*Problem statement*
Begin at the line containing "abbrev pub code_of : AccountRow → Text" in the data below and go on through the line containing "pub key : r.name_key", repeating each line exactly; include both ends and no other line.
════════════════════
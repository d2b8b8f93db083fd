-- ===== src/Storage/AccountRepo/Table.antt =====
-- The invariant of the table `accounts`, and the transactions on it.
use trutina.Base.{
  ◌≤◌, ◌⊎◌, ◌≡◌, refl, ◌∙◌, Bool, true, false, not, ◌&&◌, some, List, [], ◌∷◌, ◌++◌, inl, inr,
  Bool-cases, arith, Text, same, select, any, length, All, All-append, Unique, Unique-append,
  Unique-select, same→eq, same_sym,
}
use trutina.Platform.{Platform}
use trutina.Rule.{account_lookup_key, clean_account_name}
use trutina.Core.Account.{matches_code}
use trutina.Store.{
  Constraint, uq_accounts_code, uq_accounts_name_key, AccountRow, AuditRow, World, Outcome,
  committed, violated, refused,
}
use trutina.Storage.AccountRepo.{
  has_code, has_key, insert_account, update_account, delete_account, replace_account,
}

abbrev pub code_of : AccountRow → Text
code_of r = r.code

abbrev pub key_of : AccountRow → Text
key_of r = r.name_key

module _ ⦃u : Platform⦄ where
  -- What a row owes to the validation of the account that was written.
  pub record IsWritten (r : AccountRow) : Type 0 where
    pub code : matches_code r.code ≡ true
    pub name : clean_account_name r.name ≡ some r.name
    pub fits : length r.name ≤ 150
    pub key : r.name_key ≡ account_lookup_key r.name

  pub record IsChart (rows : List AccountRow) : Type 0 where
    pub codes : Unique code_of rows
    pub keys : Unique key_of rows
    pub written : All IsWritten rows

-- What a transaction leaves in the table, if it commits.
abbrev pub Keeps : {A : Type 0} → (List AccountRow → Type 0) → Outcome A → Type 0
Keeps P (committed a w) = P w.accounts
Keeps P (violated c) = Unit
Keeps P refused = Unit

module _ (row : AccountRow) where
  any-replace_account :
      (p : AccountRow → Bool) (rows : List AccountRow)
      → any p rows ≡ false
      → p row ≡ false
      → any p (replace_account row rows) ≡ false
  unfolding replace_account
  any-replace_account p [] h k = refl
  any-replace_account p (r ∷ rows) h k = ground (arith, any-replace_account p rows)

  replace_account-codes :
      (k : Text) (rows : List AccountRow)
      → any (has_code k) (replace_account row rows) ≡ any (has_code k) rows
  unfolding replace_account
  replace_account-codes k [] = refl
  replace_account-codes k (r ∷ rows) = elim (Bool-cases (has_code row.code r)) [
    | inl here ↦ rw (here, same→eq r.code row.code here, replace_account-codes k rows)
    | inr other ↦ rw (other, replace_account-codes k rows)
  ]

  replace_account-Unique_codes :
      (rows : List AccountRow) → Unique code_of rows → Unique code_of (replace_account row rows)
  unfolding replace_account
  replace_account-Unique_codes [] d = tt
  replace_account-Unique_codes (r ∷ rows) d = elim (Bool-cases (has_code row.code r)) [
    | inl here ↦ rw here (
      replace_account-codes row.code rows ∙ (rw (same→eq r.code row.code here) at d.0),
      replace_account-Unique_codes rows d.1,
    )
    | inr other ↦
        rw other (replace_account-codes r.code rows ∙ d.0, replace_account-Unique_codes rows d.1)
  ]

  replace_account_absent :
      (rows : List AccountRow)
      → any (has_code row.code) rows ≡ false
      → replace_account row rows ≡ rows
  unfolding replace_account
  replace_account_absent [] h = refl
  replace_account_absent (r ∷ rows) h = ground (arith, replace_account_absent rows)

  -- A key that only the row of the same code may have.
  abbrev Free : List AccountRow → Type 0
  Free rows = any (λ r. not (has_code row.code r) && has_key row.name_key r) rows ≡ false

  Free-absent :
      (rows : List AccountRow)
      → Free rows
      → any (has_code row.code) rows ≡ false
      → any (has_key row.name_key) rows ≡ false
  Free-absent [] h k = refl
  Free-absent (r ∷ rows) h k = ground (arith, Free-absent rows)

  Free-inv :
      (r : AccountRow) (rows : List AccountRow)
      → has_code row.code r ≡ false
      → Free (r ∷ rows)
      → (has_key row.name_key r ≡ false) × Free rows
  Free-inv r rows other h = ground arith

  replace_account-Unique_keys :
      (rows : List AccountRow)
      → Unique code_of rows
      → Unique key_of rows
      → Free rows
      → Unique key_of (replace_account row rows)
  unfolding replace_account
  replace_account-Unique_keys [] c d h = tt
  replace_account-Unique_keys (r ∷ rows) c d h = elim (Bool-cases (has_code row.code r)) [
    | inl here ↦
        let absent = (rw (same→eq r.code row.code here) at c.0) in
        let free = (rw here at h) in
        rw (here, replace_account_absent rows absent) (Free-absent rows free absent, d.1)
    | inr other ↦
        let (differs, free) = Free-inv r rows other h in
        rw other (
          any-replace_account (λ y. same (key_of y) (key_of r)) rows d.0
              (same_sym row.name_key r.name_key ∙ differs),
          replace_account-Unique_keys rows c.1 d.1 free,
        )
  ]

  replace_account-All {ℓ} :
      (P : AccountRow → Type ℓ) (rows : List AccountRow)
      → P row
      → All P rows
      → All P (replace_account row rows)
  unfolding replace_account
  replace_account-All P [] p h = tt
  replace_account-All P (r ∷ rows) p h = elim (Bool-cases (has_code row.code r)) [
    | inl here ↦ rw here (p, replace_account-All P rows p h.1)
    | inr other ↦ rw other (h.0, replace_account-All P rows p h.1)
  ]

All-select {ℓ} :
    {A : Type 0} (P : A → Type ℓ) (q : A → Bool) (xs : List A) → All P xs → All P (select q xs)
All-select P q [] h = tt
All-select P q (x ∷ xs) h = elim (Bool-cases (q x)) [
  | inl kept ↦ rw kept (h.0, All-select P q xs h.1)
  | inr dropped ↦ rw dropped (All-select P q xs h.1)
]

module _ ⦃u : Platform⦄ where
  IsChart-insert :
      (row : AccountRow) (rows : List AccountRow)
      → IsWritten row
      → IsChart rows
      → any (has_code row.code) rows ≡ false
      → any (has_key row.name_key) rows ≡ false
      → IsChart (rows ++ row ∷ [])
  IsChart-insert row rows w c no_code no_key = record {
    codes = Unique-append code_of rows row c.codes no_code;
    keys = Unique-append key_of rows row c.keys no_key;
    written = All-append IsWritten rows (row ∷ []) c.written (w, tt);
  }

  IsChart-replace :
      (row : AccountRow) (rows : List AccountRow)
      → IsWritten row
      → IsChart rows
      → Free row rows
      → IsChart (replace_account row rows)
  IsChart-replace row rows w c free = record {
    codes = replace_account-Unique_codes row rows c.codes;
    keys = replace_account-Unique_keys row rows c.codes c.keys free;
    written = replace_account-All row IsWritten rows w c.written;
  }

  IsChart-remove :
      (q : AccountRow → Bool) (rows : List AccountRow) → IsChart rows → IsChart (select q rows)
  IsChart-remove q rows c = record {
    codes = Unique-select code_of q rows c.codes;
    keys = Unique-select key_of q rows c.keys;
    written = All-select IsWritten q rows c.written;
  }

  -- Inserting a row that is written like the service writes it leaves a chart: codes and name keys
  -- are unique, and every row is written so.
  pub insert_account-IsChart :
      (row : AccountRow) (event : AuditRow) (w : World)
      → IsWritten row
      → IsChart w.accounts
      → Keeps IsChart (insert_account row event w)
  unfolding insert_account
  insert_account-IsChart row event w h c = elim (Bool-cases (any (has_code row.code) w.accounts)) [
    | inl taken ↦ rw taken tt
    | inr new_code ↦ elim (Bool-cases (any (has_key row.name_key) w.accounts)) [
      | inl taken ↦ rw (new_code, taken) tt
      | inr new_key ↦ rw (new_code, new_key) (IsChart-insert row w.accounts h c new_code new_key)
    ]
  ]

  -- Updating a row to one that is written like the service writes it leaves a chart: codes and name
  -- keys are unique, and every row is written so.
  pub update_account-IsChart :
      (row : AccountRow) (event : AuditRow) (w : World)
      → IsWritten row
      → IsChart w.accounts
      → Keeps IsChart (update_account row event w)
  unfolding update_account
  update_account-IsChart row event w h c = elim (Bool-cases (any (has_code row.code) w.accounts)) [
    | inr absent ↦ rw absent c
    | inl present ↦
        elim (Bool-cases
          (any (λ r. not (has_code row.code r) && has_key row.name_key r) w.accounts)) [
            | inl taken ↦ rw (present, taken) tt
            | inr free ↦ rw (present, free) (IsChart-replace row w.accounts h c free)
          ]
  ]

  -- Deleting the row of a code leaves a chart: codes and name keys are unique, and every row is
  -- written like the service writes it.
  pub delete_account-IsChart :
      (code : Text) (event : AuditRow) (w : World)
      → IsChart w.accounts
      → Keeps IsChart (delete_account code event w)
  unfolding delete_account
  delete_account-IsChart code event w c = elim (Bool-cases (any (has_code code) w.accounts)) [
    | inr absent ↦ rw absent c
    | inl present ↦ rw present (IsChart-remove _ w.accounts c)
  ]

-- An insert commits the rows as they are, or a constraint stops it.
pub insert_account-cases :
    (row : AccountRow) (event : AuditRow) (w : World)
    → ((c : Constraint) × (insert_account row event w ≡ violated c))
      ⊎ (insert_account row event w
          ≡ committed tt (record w {
            accounts = w.accounts ++ row ∷ [];
            audit_events = w.audit_events ++ event ∷ [];
          }))
unfolding insert_account
insert_account-cases row event w = elim (Bool-cases (any (has_code row.code) w.accounts)) [
  | inl taken ↦ inl (uq_accounts_code, rw taken)
  | inr new_code ↦ elim (Bool-cases (any (has_key row.name_key) w.accounts)) [
    | inl taken ↦ inl (uq_accounts_name_key, rw (new_code, taken))
    | inr new_key ↦ inr (rw (new_code, new_key))
  ]
]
════════════════════
*Output of the task*
abbrev pub code_of : AccountRow → Text
code_of r = r.code

abbrev pub key_of : AccountRow → Text
key_of r = r.name_key

module _ ⦃u : Platform⦄ where
  -- What a row owes to the validation of the account that was written.
  pub record IsWritten (r : AccountRow) : Type 0 where
    pub code : matches_code r.code ≡ true
    pub name : clean_account_name r.name ≡ some r.name
    pub fits : length r.name ≤ 150
    pub key : r.name_key ≡ account_lookup_key r.name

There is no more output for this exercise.